Get home from work: four packages:

From Corona Gigante: am Indian Tabac Super Fuente Maduro Robusto and a REO by Rocky Patel Robusto (haven't had the Indian Tabac but do love the Reo line)

From Onlyonerm: Gurkha Legend Torpedo (one fine smoke) and two I haven't tried a Cusano Corojo 1997 and a Imnmenso VSO

Rharris kicked in with a 5 Vegas A toro, a Royal Jamacia robusto and a EDRM robusto all three new to me.

Finally flOat, seems our young Marine is the only one who can follow orders and only send one cigar, but he sent one of my all time favorites a AF Short Story. However, just because he only sent one cigar doesn't mean he stopped there, some nice snacks including Jerky, sunflower seeds and orbit gum( I guess the orbit is to improve my breath after smoking all these fine cigars) thank you gentlemen.


----------



## fl0at (May 29, 2006)

Hope you like my only one sent cigar; your profile said you would. I don't know about the snacks.. everyone likes beef jerky, though, right?


----------



## DriftyGypsy (May 24, 2006)

fl0at said:


> Hope you like my only one sent cigar; your profile said you would. I don't know about the snacks.. everyone likes beef jerky, though, right?
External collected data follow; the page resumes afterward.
-- ===== src/Interpreter/Recovery.antt =====
-- Lemmas on error routing and loop control of src/runtime/Interpreter.cpp: the states that they
-- leave behind.
use sapo_engine.Prelude.{
  ℕ, suc, ◌≤◌, String, ◌≡◌, ◌-◌, refl, sym, subst, Bool, true, Option, none, some, List, [], ◌∷◌,
  str_eq, arith, Bool-cases, inl, inr, not, ◌&&◌, ◌++◌,
}
use sapo_engine.Prelude.Map.{insert}
use sapo_engine.Workflow.{ParsedWorkflow}
use sapo_engine.Interpreter.State.{
  Frame, FrameKind, loop, try, branch, body, Phase, in_body, in_catch, in_finally, RunState, Tasks,
  Step, done, escaped, crash, stuck, ◌>>=◌, CapturedError, iteration_skipped, error_object,
}
use sapo_engine.Interpreter.Advance.{Unwind, close_frame, next_iteration, weigh}
use sapo_engine.Interpreter.Errors.{
  find_loop, name_error, enter_catch, enter_cleanup, unwind_of, iterate_found, next_iteration_for,
  finish_found, finish_loop, recover, try_frame, loop_frame, handle_frame, handle_frames, handle_or,
  handle_error, handler_of, handlers_or, routed_to, is_empty, as_handled,
}
use sapo_engine.Interpreter.Same.{Same, Keeps, KeepsOn, Keeps-weaken, resolve_jump-Same}
use sapo_engine.Interpreter.Unwinding.{advance-Keeps, close_frame-Keeps, next_iteration-Keeps}

weigh-find_loop :
    (loop_id : String) (frames : List Frame) (f : Frame) (rest : List Frame)
    → find_loop loop_id frames ≡ some (f, rest)
    → weigh (f ∷ rest) ≤ weigh frames
unfolding find_loop
weigh-find_loop loop_id [] f rest h = cc
weigh-find_loop loop_id (g ∷ frames) f rest h =
    ground (arith, weigh-find_loop loop_id frames f rest)

module _ {C : Type 0} where
  abbrev pub KeepsBoth : ℕ → RunState C → Step (Bool × RunState C) → Type 0
  KeepsBoth k from (done (b, to)) = Same k from to
  KeepsBoth k from stuck = ⊥
  KeepsBoth k from _ = Unit

  -- A step with a verdict put beside its state.
  Keeps-verdict :
      (r : Step (RunState C)) (b : Bool) (k : ℕ) (st : RunState C)
      → Keeps k st r
      → KeepsBoth k st (r >>= λ st'. done (b, st'))
  Keeps-verdict (done st') b k st h = h
  Keeps-verdict stuck b k st h = h
  Keeps-verdict (escaped e) b k st h = h
  Keeps-verdict (crash x) b k st h = h

  pub KeepsBoth-weaken :
      (a b : ℕ) (s s' : RunState C) (r : Step (Bool × RunState C))
      → a ≤ b
      → s'.visits ≡ s.visits
      → s'.budget ≡ s.budget
      → s'.visited ≡ s.visited
      → KeepsBoth a s' r
      → KeepsBoth b s r
  KeepsBoth-weaken a b s s' (done (v, to)) le x u y h = ground arith
  KeepsBoth-weaken a b s s' stuck le x u y h = h
  KeepsBoth-weaken a b s s' (escaped e) le x u y h = h
  KeepsBoth-weaken a b s s' (crash z) le x u y h = h

  Keeps-as_handled :
      (r : Step (Bool × RunState C)) (st : RunState C)
      → KeepsBoth (weigh st.frames) st r
      → KeepsBoth (weigh st.frames) st (r >>= as_handled)
  unfolding as_handled
  Keeps-as_handled (done (b, st')) st h = h
  Keeps-as_handled stuck st h = h
  Keeps-as_handled (escaped e) st h = h
  Keeps-as_handled (crash x) st h = h

module _ {C : Type 0} (t : Tasks C) (w : ParsedWorkflow) where
  unwind_of-Keeps : (st : RunState C) → KeepsOn (weigh st.frames) (unwind_of t w st)
  unwind_of-Keeps st = advance-Keeps t w (suc (weigh st.frames)) (weigh st.frames) (omega arith)

  narrow : (a b : ℕ) (k : Unwind C) → a ≤ b → KeepsOn b k → KeepsOn a k
  narrow a b k le on current frames st h = on current frames st (omega arith)

  -- A frame of the stack and those around it, as the unwinding meets them.
  module _ (f : Frame) (rest : List Frame) (st : RunState C) (k : Unwind C)
      (on : KeepsOn (weigh (f ∷ rest)) k) where
    fits : weigh (f ∷ rest) ≡ suc (weigh (f ∷ rest) - 1)
    fits = ground arith

    next_iteration-Within : Keeps (weigh (f ∷ rest)) st (next_iteration t w k f rest st)
    next_iteration-Within =
        subst (λ x. Keeps x st (next_iteration t w k f rest st)) (sym fits)
          (next_iteration-Keeps t w k f rest (weigh (f ∷ rest) - 1)
            (narrow (weigh (f ∷ rest) - 1) (weigh (f ∷ rest)) k (omega arith) on) fits st)

    close_frame-Within : Keeps (weigh (f ∷ rest)) st (close_frame k f rest st)
    close_frame-Within =
        Keeps-weaken (weigh (f ∷ rest) - 1) (weigh (f ∷ rest)) st st _ (omega arith) refl refl refl
          (close_frame-Keeps t w k f rest (weigh (f ∷ rest) - 1)
            (narrow (weigh (f ∷ rest) - 1) (weigh (f ∷ rest)) k (omega arith) on) fits st)

  module _ (f : Frame) (rest : List Frame) (st st' : RunState C)
      (le : weigh (f ∷ rest) ≤ weigh st.frames) (same : Same (weigh st.frames) st st')
      (frames_same : weigh st'.frames ≡ weigh st.frames) where
    on_frames : KeepsOn (weigh (f ∷ rest)) (unwind_of t w st')
    on_frames =
        narrow (weigh (f ∷ rest)) (weigh st'.frames) (unwind_of t w st')
          (omega (arith, le, frames_same)) (unwind_of-Keeps st')

    iterate-Keeps :
        KeepsBoth
          (weigh st.frames)
          st
          (next_iteration t w (unwind_of t w st') f rest st' >>= λ st''. done (true, st''))
    iterate-Keeps =
        Keeps-verdict (next_iteration t w (unwind_of t w st') f rest st') true (weigh st.frames) st
          (Keeps-weaken (weigh (f ∷ rest)) (weigh st.frames) st st' _ le same.visits_kept
            same.budget_kept same.visited_kept
            (next_iteration-Within f rest st' (unwind_of t w st') on_frames))

    close-Keeps :
        KeepsBoth
          (weigh st.frames)
          st
          (close_frame (unwind_of t w st') f rest st' >>= λ st''. done (true, st''))
    close-Keeps =
        Keeps-verdict (close_frame (unwind_of t w st') f rest st') true (weigh st.frames) st (
          Keeps-weaken (weigh (f ∷ rest)) (weigh st.frames) st st' _ le same.visits_kept
            same.budget_kept same.visited_kept
            (close_frame-Within f rest st' (unwind_of t w st') on_frames))

  itself : (st : RunState C) → Same (weigh st.frames) st st
  itself st = ground arith

  iterate_found-Keeps :
      (loop_id : String) (st : RunState C) (o : Option (Frame × List Frame))
      → find_loop loop_id st.frames ≡ o
      → KeepsBoth (weigh st.frames) st (iterate_found t w st o)
  unfolding iterate_found
  iterate_found-Keeps loop_id st none e = itself st
  iterate_found-Keeps loop_id st (some (f, rest)) e =
      iterate-Keeps f rest st st (weigh-find_loop loop_id st.frames f rest e) (itself st) refl

  pub next_iteration_for-Keeps :
      (st : RunState C) (loop_id : String)
      → KeepsBoth (weigh st.frames) st (next_iteration_for t w st loop_id)
  unfolding next_iteration_for
  next_iteration_for-Keeps st loop_id =
      iterate_found-Keeps loop_id st (find_loop loop_id st.frames) refl

  finish_found-Keeps :
      (loop_id : String) (st : RunState C) (o : Option (Frame × List Frame))
      → find_loop loop_id st.frames ≡ o
      → KeepsBoth (weigh st.frames) st (finish_found t w st o)
  unfolding finish_found
  finish_found-Keeps loop_id st none e = itself st
  finish_found-Keeps loop_id st (some (f, rest)) e =
      close-Keeps f rest st st (weigh-find_loop loop_id st.frames f rest e) (itself st) refl

  pub finish_loop-Keeps :
      (st : RunState C) (loop_id : String)
      → KeepsBoth (weigh st.frames) st (finish_loop t w st loop_id)
  unfolding finish_loop
  finish_loop-Keeps st loop_id = finish_found-Keeps loop_id st (find_loop loop_id st.frames) refl

  module _ (f : Frame) (outer : List Frame) (e : CapturedError) (st : RunState C)
      (le : weigh (f ∷ outer) ≤ weigh st.frames) where
    enter_catch-Same :
        (ids : List String)
        → f.try_state.phase ≡ in_body
        → Same (weigh st.frames) st (enter_catch t f outer ids e st)
    unfolding enter_catch name_error
    enter_catch-Same ids p = ground (arith, le, p)

    enter_cleanup-Same :
        (ids : List String)
        → f.try_state.phase ≡ in_body
        → Same (weigh st.frames) st (enter_cleanup f outer ids e st)
    unfolding enter_cleanup
    enter_cleanup-Same ids p = ground (arith, le, p)

    recover-Keeps :
        (handlers cleanup : List String)
        → f.try_state.phase ≡ in_body
        → KeepsBoth (weigh st.frames) st (recover t w f outer handlers cleanup e st)
    unfolding recover
    recover-Keeps (x ∷ xs) cleanup p = enter_catch-Same (x ∷ xs) p
    recover-Keeps [] (x ∷ xs) p = enter_cleanup-Same (x ∷ xs) p
    recover-Keeps [] [] p =
        close-Keeps f outer st (record st { pending_error = some e }) le (ground arith) refl

    module _ (further : Step (Bool × RunState C))
        (on : KeepsBoth (weigh st.frames) st further) where
      try_frame-Keeps :
          (phase : Phase)
          → f.try_state.phase ≡ phase
          → KeepsBoth (weigh st.frames) st (try_frame t w phase f outer e st further)
      unfolding try_frame
      try_frame-Keeps in_body p =
          let ts = f.try_state in
          let routed = routed_to w f e in
          elim (Bool-cases
            (str_eq routed "" && is_empty ts.catch_ids && not (is_empty ts.catch_when))) [
              | inl listed_only ↦ rw listed_only on
              | inr handles ↦
                  rw handles (recover-Keeps (handlers_or routed ts.catch_ids) ts.finally_ids p)
            ]
      try_frame-Keeps in_catch p = on
      try_frame-Keeps in_finally p = on

      loop_frame-Keeps : KeepsBoth (weigh st.frames) st (loop_frame t w f e st further)
      unfolding loop_frame
      loop_frame-Keeps = elim (Bool-cases (str_eq f.loop_state.on_item_error "fail")) [
        | inl fails ↦ rw fails on
        | inr skips ↦ rw skips (
            Keeps-as_handled
              (next_iteration_for t w
                (record st {
                  warnings =
                      st.warnings
                      ++ iteration_skipped f.node_id f.loop_state.index e.code e.message ∷ [];
                })
                "")
              st
              (KeepsBoth-weaken (weigh st.frames) (weigh st.frames) st _ _ (omega arith) refl refl
                refl (next_iteration_for-Keeps _ "")))
      ]

      handle_frame-Keeps :
          (kind : FrameKind)
          → KeepsBoth (weigh st.frames) st (handle_frame t w kind f outer e st further)
      unfolding handle_frame
      handle_frame-Keeps try = try_frame-Keeps f.try_state.phase refl
      handle_frame-Keeps loop = loop_frame-Keeps
      handle_frame-Keeps branch = on
      handle_frame-Keeps body = on

  handle_frames-Keeps :
      (frames : List Frame) (e : CapturedError) (st : RunState C)
      → weigh frames ≤ weigh st.frames
      → KeepsBoth (weigh st.frames) st (handle_frames t w frames e st)
  unfolding handle_frames
  handle_frames-Keeps [] e st le = itself st
  handle_frames-Keeps (f ∷ outer) e st le =
      handle_frame-Keeps f outer e st le (handle_frames t w outer e st)
        (handle_frames-Keeps outer e st (omega (arith, le))) f.kind

  handle_or-Keeps :
      (o : Option String) (e : CapturedError) (st : RunState C)
      → KeepsBoth (weigh st.frames) st (handle_or t w o e st)
  unfolding handle_or
  handle_or-Keeps none e st = handle_frames-Keeps st.frames e st (omega arith)
  handle_or-Keeps (some id) e st =
      let there =
        resolve_jump-Same (record st { locals = insert "error" (error_object e) st.locals }) id in
      ground (arith, there)

  -- The routing of an error ends, handled or not, in a state or by the exception of a loop's
  -- guard; the frames weigh no more than before, where a frame weighs two, but one in its `finally`
  -- body, and the visits, the budget and the trail are as before.
  pub handle_error-Keeps :
      (e : CapturedError) (st : RunState C) → KeepsBoth (weigh st.frames) st (handle_error t w e st)
  unfolding handle_error
  handle_error-Keeps e st = handle_or-Keeps (handler_of w st.current_node_id) e st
OH, trust me I will enjoy that very much. It is one of my all time favorites. As for the snacks, I will enjoy them.


----------



## scrapiron (Jun 24, 2006)

Hope I'm back at the hotel in time to watch tonight.... Otherwise, I won't be able to catch it until they replay it on Tuesday or Wednesday..
I think I'll make it..


----------



## scrapiron (Jun 24, 2006)

No one said it that I heard???


----------



## Corona Gigante-cl (Sep 8, 2005)

scrapiron said:


> No one said it that I heard???


Yes, I think this week was a no-hitter.


----------



## DriftyGypsy (May 24, 2006)

Okay got a nice little package from Mike; A Bohemian Cuban Corojo ( I like the Bohemian line, haven't tried this one.) A Gispert Corona (haven't tried these yet) An Inmenso and the prize of the collection which I am going to let age for a few years maybe it will be ready by then.


----------



## scrapiron (Jun 24, 2006)

DriftyGypsy said:


> and the prize of the collection which I am going to let age for a few years maybe it will be ready by then.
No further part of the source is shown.